Colunista

A caça ao servidor público

        A crise brasileira atinge, atualmente, quase todos os setores: o comércio, a indústria, os transportes, a educação, a saúde, a segurança, a arrecadação, entre outros, os quais, de maneira direta, sofrem com uma economia que há dois anos vem se retraindo.

         As causas emergentes que revelam esse cenário são, sem dúvida, as infrações praticadas pelas cúpulas dos Poderes no Brasil, sobretudo do Executivo e do Legislativo Federal, as quais agridem as convenções morais e as regras de decoro, afetando toda a sociedade. Contudo e, infelizmente, a população parece não enxergar tal situação com as lentes da realidade e, por isso, acaba transferindo a culpa por essa mazela a outros: aos servidores públicos!
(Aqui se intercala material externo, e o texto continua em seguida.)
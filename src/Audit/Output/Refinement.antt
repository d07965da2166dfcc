-- ===== src/Audit/Output/Refinement.antt =====
-- audit/audit.py: the checks that print refine those that only judge.
use gekko.Base.{is_nil, ◌&&◌, ◌*◌, ℕ, String, Bool, true, false, List, [], ◌∷◌, ◌≡◌, sym, ◌∙◌, ap}
use gekko.Base.Dict.{Dict}
use gekko.Python.Errors.{ok, >>=-eq-ok}
use gekko.Python.Json.{ℤ}
use gekko.Audit.Loki.{Entry, Source, query_loki, default_limit}
use gekko.Audit.Keys.{user_facing_services, downstream_services, access_logs_of}
use gekko.Audit.Bypass.{by_jti, shared_keys, sorted, bypassed, check1}
use gekko.Python.Integers.{minus}
use gekko.Python.Sorting.{sort_by}
use gekko.Audit.Events.{Issues, parse_token_exchange_events}
use gekko.Audit.Issuance.{
  TokenUse, first_uses, reported, is_no_record, is_sub_mismatch, all_backed, verdict2, access_query,
  event_query, check2,
}
use gekko.Audit.Issuance.Findings.{all_backed-is_nil}
use gekko.Audit.Login.{
  Access, Violation, first_accesses, first_logins, hard_violations, info_only, no_violation,
  verdict3, all_access_query, login_query, check3,
}
use gekko.Audit.Login.Counts.{no_violation-is_nil}
use gekko.Audit.Output.Issuance.{
  print_no_records, print_mismatches, print_backed, print_uses, print_check2,
}
use gekko.Audit.Output.Login.{
  print_info_only, print_in_order, print_violation, print_violations, print_subs, print_check3,
}
use gekko.Audit.Output.{Printing, ◌>>=◌, pure, for_each}
use gekko.Audit.Output.Laws.{outcome, outcome->>=, outcome-print_query}
use gekko.Audit.Output.Bypass.{print_bypassed, print_shared, print_check1}

-- A computation that returns a value has a first part that returns, and a rest.
pub >>=-returns :
    {A B : Type 0} (m : Printing A) (k : A → Printing B) (b : B)
    → outcome (m >>= k) ≡ ok b
    → (a : A) × (outcome m ≡ ok a) × (outcome (k a) ≡ ok b)
>>=-returns m k b h = >>=-eq-ok (outcome m) (λ a. outcome (k a)) (sym (outcome->>= m k) ∙ h)

print_bypassed-returns :
    (us ds : Dict String Entry) (jtis : List String) (b : Bool)
    → outcome (print_bypassed us ds jtis) ≡ ok b
    → ok (is_nil jtis) ≡ ok b
print_bypassed-returns us ds [] b h = h
print_bypassed-returns us ds (jti ∷ jtis) b h =
    let (_, _, last) =
      >>=-returns (for_each (print_shared us ds) (jti ∷ jtis)) (λ _. pure false) b h in
    last

pub print_check1-check1 :
    (src : Source) (start_ns end_ns : ℤ) (b : Bool)
    → outcome (print_check1 src start_ns end_ns) ≡ ok b
    → check1 src start_ns end_ns ≡ ok b
unfolding print_check1 check1 bypassed
print_check1-check1 src start_ns end_ns b h =
    let (us_logs, us_read, h1) =
      >>=-eq-ok (query_loki src (access_logs_of user_facing_services) start_ns end_ns default_limit)
        _ (simp (outcome->>=, outcome-print_query) at h) in
    let (ds_logs, ds_read, h2) =
      >>=-eq-ok (query_loki src (access_logs_of downstream_services) start_ns end_ns default_limit)
        _ h1 in
    let (us, us_ok, h3) = >>=-eq-ok (by_jti [] us_logs) _ h2 in
    let (ds, ds_ok, h4) = >>=-eq-ok (by_jti [] ds_logs) _ h3 in
    rw (us_read, ds_read, us_ok, ds_ok)
      (print_bypassed-returns us ds (sorted (shared_keys us ds)) b h4)

print_backed-returns :
    (seen : Dict TokenUse Entry) (missing mismatches : List (TokenUse × Entry)) (b : Bool)
    → outcome (print_backed seen missing mismatches) ≡ ok b
    → ok (is_nil missing && is_nil mismatches) ≡ ok b
unfolding print_backed
print_backed-returns seen (u ∷ us) ws b h = h
print_backed-returns seen [] (u ∷ us) b h = h
print_backed-returns [] [] [] b h = h
print_backed-returns (first ∷ seen) [] [] b h = h

print_uses-returns :
    (exchanged : Issues) (seen : Dict TokenUse Entry) (b : Bool)
    → outcome (print_uses exchanged seen) ≡ ok b
    → ok (all_backed exchanged seen) ≡ ok b
unfolding print_uses
print_uses-returns exchanged seen b h =
    let missing = reported is_no_record exchanged seen in
    let mismatches = reported is_sub_mismatch exchanged seen in
    let (_, _, h1) = >>=-returns (print_no_records exchanged missing) _ b h in
    let (_, _, h2) = >>=-returns (print_mismatches exchanged mismatches) _ b h1 in
    ap (λ x. ok x) (all_backed-is_nil exchanged seen)
    ∙ print_backed-returns seen missing mismatches b h2

pub print_check2-check2 :
    (lookback_seconds : ℕ) (src : Source) (start_ns end_ns : ℤ) (b : Bool)
    → outcome (print_check2 lookback_seconds src start_ns end_ns) ≡ ok b
    → check2 lookback_seconds src start_ns end_ns ≡ ok b
unfolding print_check2 check2 verdict2
print_check2-check2 lookback src start_ns end_ns b h =
    let before = minus start_ns (lookback * 1000000000) in
    let (ds_logs, ds_read, h1) =
      >>=-eq-ok (query_loki src access_query start_ns end_ns default_limit) _
        (simp (outcome->>=, outcome-print_query) at h) in
    let (kc_logs, kc_read, h2) =
      >>=-eq-ok (query_loki src event_query before end_ns default_limit) _ h1 in
    let (exchanged, parsed, h3) = >>=-eq-ok (parse_token_exchange_events kc_logs) _ h2 in
    let (seen, collected, h4) = >>=-eq-ok (first_uses [] ds_logs) _ h3 in
    rw (ds_read, kc_read, parsed, collected) (print_uses-returns exchanged seen b h4)

print_in_order-returns :
    (first : Dict String Access) (info : List (String × Access)) (b : Bool)
    → outcome (print_in_order first info) ≡ ok b
    → ok true ≡ ok b
unfolding print_in_order
print_in_order-returns [] info b h = h
print_in_order-returns (x ∷ xs) [] b h = h
print_in_order-returns (x ∷ xs) (y ∷ ys) b h = h

print_violations-returns :
    (first : Dict String Access) (info : List (String × Access)) (hard : List Violation) (b : Bool)
    → outcome (print_violations first info hard) ≡ ok b
    → ok (is_nil hard) ≡ ok b
unfolding print_violations
print_violations-returns first info [] b h = print_in_order-returns first info b h
print_violations-returns first info (v ∷ vs) b h =
    let (_, _, last) =
      >>=-returns (for_each print_violation (sort_by (λ w. w.access.ts_ns) (v ∷ vs)))
        (λ _. pure false) b h in
    last

print_subs-returns :
    (logins : Dict String ℤ) (first : Dict String Access) (b : Bool)
    → outcome (print_subs logins first) ≡ ok b
    → ok (no_violation logins first) ≡ ok b
unfolding print_subs
print_subs-returns logins first b h =
    let hard = hard_violations logins first in
    let info = info_only logins first in
    let (_, _, h1) = >>=-returns (print_info_only info) _ b h in
    ap (λ x. ok x) (no_violation-is_nil logins first)
    ∙ print_violations-returns first info hard b h1

pub print_check3-check3 :
    (src : Source) (start_ns end_ns : ℤ) (b : Bool)
    → outcome (print_check3 src start_ns end_ns) ≡ ok b
    → check3 src start_ns end_ns ≡ ok b
unfolding print_check3 check3 verdict3
print_check3-check3 src start_ns end_ns b h =
    let (svc_logs, svc_read, h1) =
      >>=-eq-ok (query_loki src all_access_query start_ns end_ns default_limit) _
        (simp (outcome->>=, outcome-print_query) at h) in
    let (kc_logs, kc_read, h2) =
      >>=-eq-ok (query_loki src login_query start_ns end_ns default_limit) _ h1 in
    let (first, kept, h3) = >>=-eq-ok (first_accesses [] svc_logs) _ h2 in
    let (logins, known, h4) = >>=-eq-ok (first_logins [] kc_logs) _ h3 in
    rw (svc_read, kc_read, kept, known) (print_subs-returns logins first b h4)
         Diante à insatisfação popular gerada pelo cenário sombrio do país, instalou-se um verdadeiro “Tribunal do Santo Ofício” – instituído na Idade Média, pela Igreja Católica, para inquirir os hereges/pagãos; hoje, porém, na Idade Contemporânea, os pagãos perseguidos são os servidores públicos brasileiros. Com o argumento de que os servidores públicos são funcionários titulares que desfrutam de regalias, estabilidade e privilégios, projetos são criados, junto ao legislativo, com o objetivo de restringir ou mesmo acabar com seus direitos!

         O projeto mais expressivo no tocante a esse assunto é a Proposta do Senado Federal que visa acabar com a estabilidade dos servidores públicos por meio da implementação da avaliação de desempenho, conforme o art. 41, § 1º, III, da Constituição Federal de 1988 que traz:

  • O servidor público estável só perderá o cargo:

III – mediante procedimento de avaliação periódica de desempenho, na forma de lei complementar, assegurada ampla defesa. 
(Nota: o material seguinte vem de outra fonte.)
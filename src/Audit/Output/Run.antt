-- ===== src/Audit/Output/Run.antt =====
-- audit/audit.py: `main` with all that the audit prints. The window is printed as its length; its
-- two ends are left out.
pub mod Complete
use gekko.Base.{ℕ, ◌*◌, ◌/◌, Bool, ◌&&◌}
use gekko.Python.Json.{ℤ, pos}
use gekko.Python.Integers.{sub_ℕ}
use gekko.Audit.Loki.{Source}
use gekko.Audit.Report.{Config, status_of}
use gekko.Audit.Output.{Printing, ◌>>=◌, ◌>>◌, pure, print, report_title, verdicts, conclusion}
use gekko.Audit.Output.Bypass.{print_check1}
use gekko.Audit.Output.Issuance.{print_check2}
use gekko.Audit.Output.Login.{print_check3}

-- The verdicts and the conclusion.
abbrev pub print_summary : Bool × Bool × Bool → Printing (Bool × Bool × Bool)
print_summary (first, second, third) = do
  print (verdicts first second third)
  print (conclusion (first && (second && third)))
  pure (first, second, third)

-- The run up to `sys.exit`, with the three verdicts.
unfoldable pub print_run : Config → Source → ℕ → Printing (Bool × Bool × Bool)
print_run config src now_ns = do
  let start_ns = sub_ℕ now_ns (config.window_seconds * 1000000000)
  print (report_title (config.window_seconds / 60))
  first ← print_check1 src start_ns (pos now_ns)
  second ← print_check2 config.exchange_lookback_seconds src start_ns (pos now_ns)
  third ← print_check3 src start_ns (pos now_ns)
  print_summary (first, second, third)

-- The status with which the interpreter ends.
abbrev pub main_status : Config → Source → ℕ → ℕ
main_status config src now_ns = status_of ((print_run config src now_ns).1)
         Como se vê, a própria Constituição federal garante a avaliação de desempenho do servidor, a qual acontece durante o estágio probatório, sem falar também da primeira avaliação pela qual ele passou por meio de aprovação em concurso público, como fruto de sua dedicação. Sob essa ótica, “a estabilidade e as regalias” passam pelo crivo do cumprimento de deveres com responsabilidade e diligência. 

         Vale esclarecer, também, que a estabilidade do servidor público tem como objetivo garantir sua imunidade em relação a perseguições políticas e demissões injustas, uma vez que ele precisa se sentir seguro para priorizar a prestação de serviços à sociedade e não a seus superiores hierárquicos. Portanto, a estabilidade do servidor público não é um privilégio!
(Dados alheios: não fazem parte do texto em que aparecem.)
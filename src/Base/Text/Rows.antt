-- ===== src/Base/Text/Rows.antt =====
-- A text of rows of words: what `lines` and `split_whitespace` make of it.
use Prim.Native.Char.{Char, code}
use Prim.Native.String.{String}
use mathlib.Core.Path.{◌≡◌, refl, sym, ap, ◌∙◌}
use mathlib.Core.Bool.{true, false, not}
use mathlib.Core.List.{List, [], ◌∷◌, map}
use native.Mathlib.Omega.{arith}
use zoned.Base.Tests.{◌==◌}
use zoned.Base.Text.{push, is_whitespace, onto_first, starts_word, words, lines}

-- A word has a character and no whitespace.
abbrev pub IsWord : String → Type 0
IsWord String.[] = ⊥
IsWord (String.◌∷◌ c String.[]) = is_whitespace c ≡ false
IsWord (String.◌∷◌ c (String.◌∷◌ d s)) = (is_whitespace c ≡ false) × IsWord (String.◌∷◌ d s)

abbrev pub AllWords : List String → Type 0
AllWords [] = Unit {0}
AllWords (w ∷ ws) = IsWord w × AllWords ws

-- Words with a space between them, and rows with a newline behind each.
abbrev pub unwords : List String → String
unwords [] = ""
unwords (w ∷ []) = w
unwords (w ∷ (v ∷ ws)) = push w (push " " (unwords (v ∷ ws)))

abbrev pub unlines : List String → String
unlines [] = ""
unlines (l ∷ ls) = push l (push "\n" (unlines ls))

IsWord-starts : (w t : String) → IsWord w → starts_word (push w t) ≡ true
IsWord-starts String.[] t h = elim h [ ]
IsWord-starts (String.◌∷◌ c String.[]) t h = ap not h
IsWord-starts (String.◌∷◌ c (String.◌∷◌ d s)) t h = ap not h.0

words-inside :
    (c : Char) (s : String)
    → is_whitespace c ≡ false
    → starts_word s ≡ true
    → words (String.◌∷◌ c s) ≡ onto_first c (words s)
unfolding words
words-inside c s h k = rw (h, k) refl

words-end :
    (c : Char) (s : String)
    → is_whitespace c ≡ false
    → starts_word s ≡ false
    → words (String.◌∷◌ c s) ≡ String.◌∷◌ c "" ∷ words s
unfolding words
words-end c s h k = rw (h, k) refl

words-push : (w t : String) → IsWord w → starts_word t ≡ false → words (push w t) ≡ w ∷ words t
words-push String.[] t h k = elim h [ ]
words-push (String.◌∷◌ c String.[]) t h k = words-end c t h k
words-push (String.◌∷◌ c (String.◌∷◌ d s)) t h k =
    words-inside c (push (String.◌∷◌ d s) t) h.0 (IsWord-starts (String.◌∷◌ d s) t h.1)
    ∙ ap (onto_first c) (words-push (String.◌∷◌ d s) t h.1 k)

push-nil : (s : String) → push s "" ≡ s
push-nil String.[] = refl
push-nil (String.◌∷◌ c s) = ap (String.◌∷◌ c) (push-nil s)

-- The words of a row of words are those words.
pub words-unwords : (ws : List String) → AllWords ws → words (unwords ws) ≡ ws
unfolding words
words-unwords [] h = refl
words-unwords (w ∷ []) h = ap words (sym (push-nil w)) ∙ words-push w "" h.0 refl
words-unwords (w ∷ (v ∷ ws)) h =
    words-push w (push " " (unwords (v ∷ ws))) h.0 refl ∙ ap (◌∷◌ w) (words-unwords (v ∷ ws) h.1)

-- A text without a character that can end a line.
abbrev pub NoBreak : String → Type 0
NoBreak String.[] = Unit {0}
NoBreak (String.◌∷◌ c s) = ((code c == 10) ≡ false) × ((code c == 13) ≡ false) × NoBreak s

lines-push : (l t : String) → NoBreak l → lines (push l (push "\n" t)) ≡ l ∷ lines t
unfolding lines
lines-push String.[] t h = refl
lines-push (String.◌∷◌ c s) t h = rw (h.0, h.1) (ap (onto_first c) (lines-push s t h.2))

NoBreak-push : (s t : String) → NoBreak s → NoBreak t → NoBreak (push s t)
NoBreak-push String.[] t h k = k
NoBreak-push (String.◌∷◌ c s) t h k = (h.0, h.1, NoBreak-push s t h.2 k)

not-break :
    (c : Char) → is_whitespace c ≡ false → ((code c == 10) ≡ false) × ((code c == 13) ≡ false)
not-break c h = ground arith

IsWord-NoBreak : (w : String) → IsWord w → NoBreak w
IsWord-NoBreak String.[] h = elim h [ ]
IsWord-NoBreak (String.◌∷◌ c String.[]) h = ((not-break c h).0, (not-break c h).1, tt)
IsWord-NoBreak (String.◌∷◌ c (String.◌∷◌ d s)) h =
    ((not-break c h.0).0, (not-break c h.0).1, IsWord-NoBreak (String.◌∷◌ d s) h.1)

unwords-NoBreak : (ws : List String) → AllWords ws → NoBreak (unwords ws)
unwords-NoBreak [] h = tt
unwords-NoBreak (w ∷ []) h = IsWord-NoBreak w h.0
unwords-NoBreak (w ∷ (v ∷ ws)) h =
    NoBreak-push w (push " " (unwords (v ∷ ws))) (IsWord-NoBreak w h.0)
      (refl, refl, unwords-NoBreak (v ∷ ws) h.1)

abbrev pub AllRows : List (List String) → Type 0
AllRows [] = Unit {0}
AllRows (r ∷ rs) = AllWords r × AllRows rs

-- The lines of a text of rows are the rows.
pub lines-unlines :
    (rows : List (List String))
    → AllRows rows
    → lines (unlines (map unwords rows)) ≡ map unwords rows
unfolding lines
lines-unlines [] h = refl
lines-unlines (r ∷ rs) h =
    lines-push (unwords r) (unlines (map unwords rs)) (unwords-NoBreak r h.0)
    ∙ ap (◌∷◌ (unwords r)) (lines-unlines rs h.1)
         Desse modo, ao “proteger” o servidor, a estabilidade protege a sociedade, impedindo que os órgãos do setor público se transformem em cabides de emprego e palcos de nepotismo e clientelismo. Ademais, a estabilidade impede a descontinuidade administrativa que, em geral, gera a perda da memória técnica e cultural das organizações e do próprio país.

         Devo dizer que considero importante a avaliação de desempenho do servidor, bem como as razões e intenções das medidas que objetivam tal avaliação, as quais possuem elementos interessantes, uma vez que há, nas repartições públicas, funcionários que não merecem o cargo que ocupam.

Todavia, as razões para a se instalar uma avaliação que vise o fim da estabilidade parecem inflamadas e distorcidas quando pautadas num clamor popular desmedido, que atribui ao servidor público a responsabilidade pelo fracasso econômico do País.

         É válido ressaltar que o servidor público segue um rol de tarefas definidas por lei, numa súmula de atribuições que acompanham a hierarquia da instituição e que são pautadas pelo alto escalão. Logo, a responsabilidade pelos erros do Estado é da cúpula do Poder e dos cargos de natureza política e, não, do servidor público concursado!

         O que soa incoerente e, de certa forma injusto, é que não se vê por parte do Parlamento nenhum movimento para modificar a estrutura dos cargos de livre nomeação, ou seja, dos Comissionados, constante no art. 37, V, da Constituição Federal. Esses cargos, sim, são os ditos cabides de emprego que se engendram como valiosa moeda de troca o Presidencialismo de Coalizão que possuímos.

         Carregar uma imagem de vilão responsável pelo fracasso econômico nacional é, de fato, um peso injusto atribuído ao funcionário público. Ao culpabilizar essa classe que, de modo geral, cumpre com honra e responsabilidade seu serviço à sociedade, os Poderes Executivo e Legislativo Federal se mantêm em situação confortável, à medida que suas responsabilidades são absolvidas.